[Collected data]
-- ===== src/Launch/Workflow/Calls/Trails.antt =====
-- The two trails of backend/launchloop/services.py: WorkflowTransition and AuditEvent rows.
use civic_loop.Launch.Workflow.Consistency.Life.{Call, runs, replies, submits, decides, resets}
use civic_loop.Launch.Workflow.{WorkflowTransition, AuditEvent, Board}
use civic_loop.Prelude.{ℕ, String, ◌≡◌, Bool, true, false, List, ◌∷◌, ◌++◌, map, All}

-- The audit event that `_transition` records beside a transition.
abbrev audit_of : ℕ → WorkflowTransition → AuditEvent
audit_of workflow_id t = record {
  actor = t.actor;
  action = t.action;
  target_id = workflow_id;
  details = t.details;
}

-- Both trails grow by the same rows, at least one, all of one actor, for one workflow.
abbrev pub Grows : String → Board → Board → Type 0
Grows actor b b' =
    (t : WorkflowTransition) × (ts : List WorkflowTransition) × (b'.transitions
      ≡ b.transitions ++ (t ∷ ts))
    × (b'.audits ≡ b.audits ++ map (audit_of b.workflow.id) (t ∷ ts))
    × All (λ (u : WorkflowTransition). u.actor ≡ actor) (t ∷ ts)
    × (b'.workflow.id ≡ b.workflow.id)

abbrev pub actor_of : Call → String
actor_of (runs _ actor) = actor.slug
actor_of (replies _ actor _) = actor.slug
actor_of (submits _ _ actor) = actor.slug
actor_of (decides _ actor _ _ _ _) = actor.slug
actor_of (resets _) = "maya"

abbrev is_reset : Call → Bool
is_reset (resets _) = true
is_reset _ = false
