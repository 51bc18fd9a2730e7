-- ===== src/Launch/Workflow/Calls/Answers.antt =====
-- What `answer_questions` of backend/launchloop/services.py makes of the facts.
use civic_loop.Launch.Workflow.Consistency.Returned.{answer_questions_ok}
use civic_loop.Launch.Engine.{is_empty}
use civic_loop.Launch.Workflow.{draft, Actor, needs_input, Board, transition}
use civic_loop.Prelude.Result.{ok}
use civic_loop.Launch.Text.Stripped.{strip_twice}
use civic_loop.Launch.Text.{strip, show}
use package.text.Mathlib.TextEquality.{eq_iff}
use civic_loop.Launch.{get_or, text, Value, Snapshot, get}
use civic_loop.Launch.Workflow.Calls.{
  missing_answers, answer_questions, required_answers, answer, answered_fields, update, put,
}
use civic_loop.Prelude.{
  all-cong, sym, ℕ, ◌+◌, ap, none, ◌++◌, all, true, not, ◌||◌, subst, inl, inr, Bool, ◌&&◌, map,
  Bool-cases, any, keep, refl, ◌∙◌, Option, List, if◌then◌else◌, str_eq_refl, str_eq-false, ◌≢◌, [],
  ◌∷◌, arith, String, ◌≡◌, false, some, str_eq,
}

get-put-same : (key : String) (v : Value) (s : Snapshot) → get key (put key v s) ≡ some v
get-put-same key v [] = ground (arith, str_eq_refl key)
get-put-same key v ((k, w) ∷ s) = ground (arith, get-put-same key v s)

get-put-other :
    (key other : String) (v : Value) (s : Snapshot)
    → key ≢ other
    → get key (put other v s) ≡ get key s
get-put-other key other v [] n = ground (arith, str_eq-false other key)
get-put-other key other v ((k, w) ∷ s) n =
    ground (arith, get-put-other key other v s n, n, (eq_iff k other).0, (eq_iff k key).0)

-- What one written fact does to every key.
get-put :
    (key k : String) (f : String → String) (s : Snapshot)
    → get key (put k (text (f k)) s) ≡ (if str_eq key k then some (text (f key)) else get key s)
get-put key k f s = elim (Bool-cases (str_eq key k)) [
  | inl e ↦
      subst
        (λ j.
          get key (put j (text (f j)) s)
          ≡ (if str_eq key j then some (text (f key)) else get key s))
        ((eq_iff key k).0 e) (ground (arith, get-put-same key (text (f key)) s, str_eq_refl key))
  | inr n ↦ ground (arith, get-put-other key k (text (f k)) s ((str_eq-false key k).1 n), n)
]

get-update :
    (p : String → Bool) (f : String → String) (key : String) (ks : List String) (s : Snapshot)
    → get key (update (map (λ k. (k, f k)) (keep p ks)) s)
      ≡ (if p key && any (λ k. str_eq key k) ks then some (text (f key)) else get key s)
unfolding update
get-update p f key [] s = ground arith
get-update p f key (k ∷ ks) s = elim (Bool-cases (p k)) [
  | inl e ↦
      ground (
        arith,
        e,
        get-update p f key ks (put k (text (f k)) s),
        get-put key k f s,
        (eq_iff key k).0,
      )
  | inr n ↦ ground (arith, n, get-update p f key ks s, (eq_iff key k).0)
]

-- Whether a field is given, among the answers or in the facts.
abbrev pub given : String → Snapshot → Bool
given key s = not (str_eq (answer key s) "")

abbrev pub is_required_answer : String → Bool
is_required_answer key = any (λ k. str_eq key k) required_answers

field_after :
    (key : String) (answers s : Snapshot)
    → get key (update (answered_fields answers) s) ≡ (
        if given key answers && is_required_answer key
        then some (text (answer key answers))
        else get key s)
unfolding answered_fields
field_after key answers s =
    get-update (λ k. given k answers) (λ k. answer k answers) key required_answers s

abbrev is_given : Option Value → Bool
is_given v = not (str_eq (strip (show (get_or (text "") v))) "")

written_given :
    (g : Bool) (a : String) (old : Option Value)
    → not (str_eq (strip a) "") ≡ g
    → is_given (if g && true then some (text a) else old) ≡ g || is_given old
unfolding show
written_given true a old h = h
written_given false a old h = refl

-- After the call a required field is given exactly if the answers or the facts gave it.
given_after :
    (key : String) (answers s : Snapshot)
    → is_required_answer key ≡ true
    → given key (update (answered_fields answers) s) ≡ given key answers || given key s
given_after key answers s h =
    let a = answer key answers in
    ap is_given (field_after key answers s)
    ∙ ap (λ r. is_given (if given key answers && r then some (text a) else get key s)) h
    ∙ written_given (given key answers) a (get key s)
        (ap (λ t. not (str_eq t "")) (strip_twice (show (get_or (text "") (get key answers)))))

is_empty-missing_answers :
    (s : Snapshot) → is_empty (missing_answers s) ≡ all (λ key. given key s) required_answers
unfolding missing_answers
is_empty-missing_answers s = ground arith

abbrev pub Answered : Snapshot → Board → Board → Type 0
Answered answers b b' =
    ((key : String)
      → get key b'.workflow.revision.snapshot ≡ (
          if given key answers && is_required_answer key
          then some (text (answer key answers))
          else get key b.workflow.revision.snapshot))
    × (b'.workflow.revision.version ≡ b.workflow.revision.version + 1)
    × (b'.revisions ≡ b.revisions ++ b'.workflow.revision ∷ [])
    × (b'.workflow.campaign_package ≡ none)
    × (b'.workflow.package_hash ≡ "")
    × (b'.approval ≡ none)
    × (b'.execution ≡ none)
    × (b'.workflow.status ≡ (
        if all (λ key. given key answers || given key b.workflow.revision.snapshot) required_answers
        then draft
        else needs_input))

-- What a returned answer leaves: each of the three venue facts that the answers give (not blank)
-- is written, stripped, and every other fact is kept; the revision is the next version, kept in
-- history; the package, its hash, the approval and the receipt are gone; and the workflow is a
-- draft again exactly if the answers and the facts before give all three.
pub answer_questions-Effect :
    (workflow_id : ℕ) (actor : Actor) (answers : Snapshot) (b b' : Board)
    → answer_questions workflow_id actor answers b ≡ ok b'
    → Answered answers b b'
unfolding transition
answer_questions-Effect workflow_id actor answers b b' h =
    let (_, _, _, _, eq) = answer_questions_ok workflow_id actor answers b b' h in
    let s = b.workflow.revision.snapshot in
    let after = update (answered_fields answers) s in
    let all_given =
      all-cong (λ key. given key after) (λ key. given key answers || given key s) required_answers
        (
          given_after "venue_name" answers s refl,
          (
            given_after "venue_address" answers s refl,
            (given_after "access_instructions" answers s refl, tt),
          ),
        ) in
    subst (Answered answers b) (sym eq) (
      λ key. field_after key answers s,
      refl,
      refl,
      refl,
      refl,
      refl,
      refl,
      ap (λ m. if m then draft else needs_input) (is_empty-missing_answers after ∙ all_given),
    )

__Task description__: Please return the lines above that run from the line containing "-- After the" to the line containing "is_empty-missing_answers s = ground arith", inclusive, exactly and with no other lines.

__Answer space__:
-- After the call a required field is given exactly if the answers or the facts gave it.
given_after :
    (key : String) (answers s : Snapshot)
    → is_required_answer key ≡ true
    → given key (update (answered_fields answers) s) ≡ given key answers || given key s
given_after key answers s h =
    let a = answer key answers in
    ap is_given (field_after key answers s)
    ∙ ap (λ r. is_given (if given key answers && r then some (text a) else get key s)) h
    ∙ written_given (given key answers) a (get key s)
        (ap (λ t. not (str_eq t "")) (strip_twice (show (get_or (text "") (get key answers)))))

is_empty-missing_answers :
    (s : Snapshot) → is_empty (missing_answers s) ≡ all (λ key. given key s) required_answers
unfolding missing_answers
is_empty-missing_answers s = ground arith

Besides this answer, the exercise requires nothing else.